Which lines of the records contain "rest"? Collect every one of them.

-- Provided entries follows --

-- ===== src/Prelude/Maps.antt =====
-- `HashMap<String, V>` as an association list: the order of the entries stands for the order in
-- which the map is iterated, which the language leaves open.
use Prim.Native.String.{String}
use mathlib.Core.Path.{◌≡◌, refl}
use mathlib.Core.Bool.{Bool, true, false}
use mathlib.Core.Option.{Option, none, some}
use mathlib.Core.Option
use mathlib.Core.List.{List, [], ◌∷◌, map}
use native.Mathlib.Omega.{arith}
use text.Mathlib.Text.{◌==◌}
use text.Mathlib.TextEquality.{eq_iff}
use attow_nexus.Prelude.Tests.{if◌then◌else◌}

abbrev pub Assoc {ℓ} : Type ℓ → Type ℓ
Assoc V = List (String × V)

module _ {ℓ} {V : Type ℓ} where
  abbrev pub keys : Assoc V → List String
  keys = map (λ e. e.0)

  -- `get`
  unfoldable pub lookup : String → Assoc V → Option V
  lookup k [] = none
  lookup k ((j, v) ∷ m) = if j == k then some v else lookup k m

  unfoldable pub contains_key : String → Assoc V → Bool
  contains_key k [] = false
  contains_key k ((j, v) ∷ m) = if j == k then true else contains_key k m

  -- `insert`: the value of a present key is replaced
  unfoldable pub insert : String → V → Assoc V → Assoc V
  insert key v [] = (key, v) ∷ []
  insert key v ((j, w) ∷ rest) = if j == key then (key, v) ∷ rest else (j, w) ∷ insert key v rest

  unfoldable pub remove : String → Assoc V → Assoc V
  remove k [] = []
  remove k ((j, w) ∷ m) = let rest = remove k m in if j == k then rest else (j, w) ∷ rest

  -- `if let Some(v) = get_mut(k) { *v = f(v) }`
  unfoldable pub update : String → (V → V) → Assoc V → Assoc V
  update k f [] = []
  update k f ((j, w) ∷ m) = if j == k then (j, f w) ∷ m else (j, w) ∷ update k f m

  pub lookup-insert :
      (key asked : String) (v : V) (m : Assoc V)
      → lookup asked (insert key v m) ≡ (if key == asked then some v else lookup asked m)
  unfolding lookup insert
  lookup-insert key asked v [] = refl
  lookup-insert key asked v ((i, w) ∷ m) =
      ground (arith, lookup-insert key asked v m, eq_iff key asked, eq_iff i asked, eq_iff i key)

  pub lookup-remove :
      (k j : String) (m : Assoc V) → lookup j (remove k m) ≡ (if k == j then none else lookup j m)
  unfolding lookup remove
  lookup-remove k j [] = ground arith
  lookup-remove k j ((i, w) ∷ m) =
      ground (arith, eq_iff k j, eq_iff i k, eq_iff i j, lookup-remove k j m)

  pub lookup-update :
      (k j : String) (f : V → V) (m : Assoc V)
      → lookup j (update k f m) ≡ (if k == j then Option.map f (lookup j m) else lookup j m)
  unfolding lookup update
  lookup-update k j f [] = ground arith
  lookup-update k j f ((i, w) ∷ m) =
      ground (arith, eq_iff k j, eq_iff i k, eq_iff i j, lookup-update k j f m)

  pub contains_key-eq-true :
      (k : String) (m : Assoc V)
      → contains_key k m ≡ elim (lookup k m) [ none ↦ false | some v ↦ true ]
  unfolding lookup contains_key
  contains_key-eq-true k [] = refl
  contains_key-eq-true k ((i, w) ∷ m) = ground (arith, contains_key-eq-true k m)

-- `get(k).unwrap_or_default()` of a list
unfoldable pub or_nil {ℓ} : {A : Type ℓ} → Option (List A) → List A
or_nil none = []
or_nil (some xs) = xs

pub ruleset assoc_laws = (lookup-insert, lookup-remove, lookup-update)
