-- ===== src/Prelude/Text.antt =====
-- Text operations of the standard library that the program calls.
use Prim.Native.Nat.{ℕ, zero, suc, ◌/◌, ◌%◌}
use Prim.Native.Char.{code}
use Prim.Native.String.{String, ◌++◌}
use mathlib.Core.Bool.{Bool, true, false}
use mathlib.Core.Option.{Option, none, some}
use mathlib.Core.Option
use mathlib.Core.List.{List, [], ◌∷◌}
use attow_nexus.Prelude.Tests.{eqb, ltb, if◌then◌else◌}

-- `format!` of several pieces
abbrev pub concat : List String → String
concat [] = ""
concat (s ∷ ss) = s ++ concat ss

-- `join(sep)`
unfoldable pub join : String → List String → String
join sep [] = ""
join sep (s ∷ []) = s
join sep (s ∷ t ∷ ss) = s ++ sep ++ join sep (t ∷ ss)

-- `strip_suffix('*')`
unfoldable pub strip_star : String → Option String
strip_star String.[] = none
strip_star (String.◌∷◌ c String.[]) = if eqb (code c) b'*' then some "" else none
strip_star (String.◌∷◌ c (String.◌∷◌ d s)) =
    Option.map (λ rest. String.◌∷◌ c rest) (strip_star (String.◌∷◌ d s))

-- `strip_prefix(prefix)`
unfoldable pub strip_prefix : String → String → Option String
strip_prefix String.[] s = some s
strip_prefix (String.◌∷◌ c p) String.[] = none
strip_prefix (String.◌∷◌ c p) (String.◌∷◌ d s) =
    if eqb (code c) (code d) then strip_prefix p s else none

-- `starts_with(prefix)`
unfoldable pub has_prefix : String → String → Bool
has_prefix p s = elim (strip_prefix p s) [ none ↦ false | some rest ↦ true ]

-- `contains(part)`
unfoldable pub has_part : String → String → Bool
has_part part String.[] = has_prefix part ""
has_part part (String.◌∷◌ c s) = if has_prefix part (String.◌∷◌ c s) then true else has_part part s

-- the decimal digits that `{}` prints
digit : ℕ → String
digit n =
    if eqb n 0
    then "0"
    else if eqb n 1
    then "1"
    else if eqb n 2
    then "2"
    else if eqb n 3
    then "3"
    else if eqb n 4
    then "4"
    else if eqb n 5
    then "5"
    else if eqb n 6
    then "6"
    else if eqb n 7
    then "7"
    else if eqb n 8
    then "8"
    else "9"

decimal : ℕ → ℕ → String
decimal zero n = ""
decimal (suc fuel) n =
    let rest = decimal fuel (n / 10) in if ltb n 10 then digit n else rest ++ digit (n % 10)

unfoldable pub to_string : ℕ → String
unfolding decimal digit
to_string n = decimal (suc n) n

-- `&s[..n]` of an ASCII text that is long enough
unfoldable pub take_text : ℕ → String → String
take_text zero s = ""
take_text (suc n) String.[] = ""
take_text (suc n) (String.◌∷◌ c s) = String.◌∷◌ c (take_text n s)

-- Provided entries concluded --

• _Finished task_
  insert key v ((j, w) ∷ rest) = if j == key then (key, v) ∷ rest else (j, w) ∷ insert key v rest
  remove k ((j, w) ∷ m) = let rest = remove k m in if j == k then rest else (j, w) ∷ rest
    Option.map (λ rest. String.◌∷◌ c rest) (strip_star (String.◌∷◌ d s))
has_prefix p s = elim (strip_prefix p s) [ none ↦ false | some rest ↦ true ]
    let rest = decimal fuel (n / 10) in if ltb n 10 then digit n else rest ++ digit (n % 10)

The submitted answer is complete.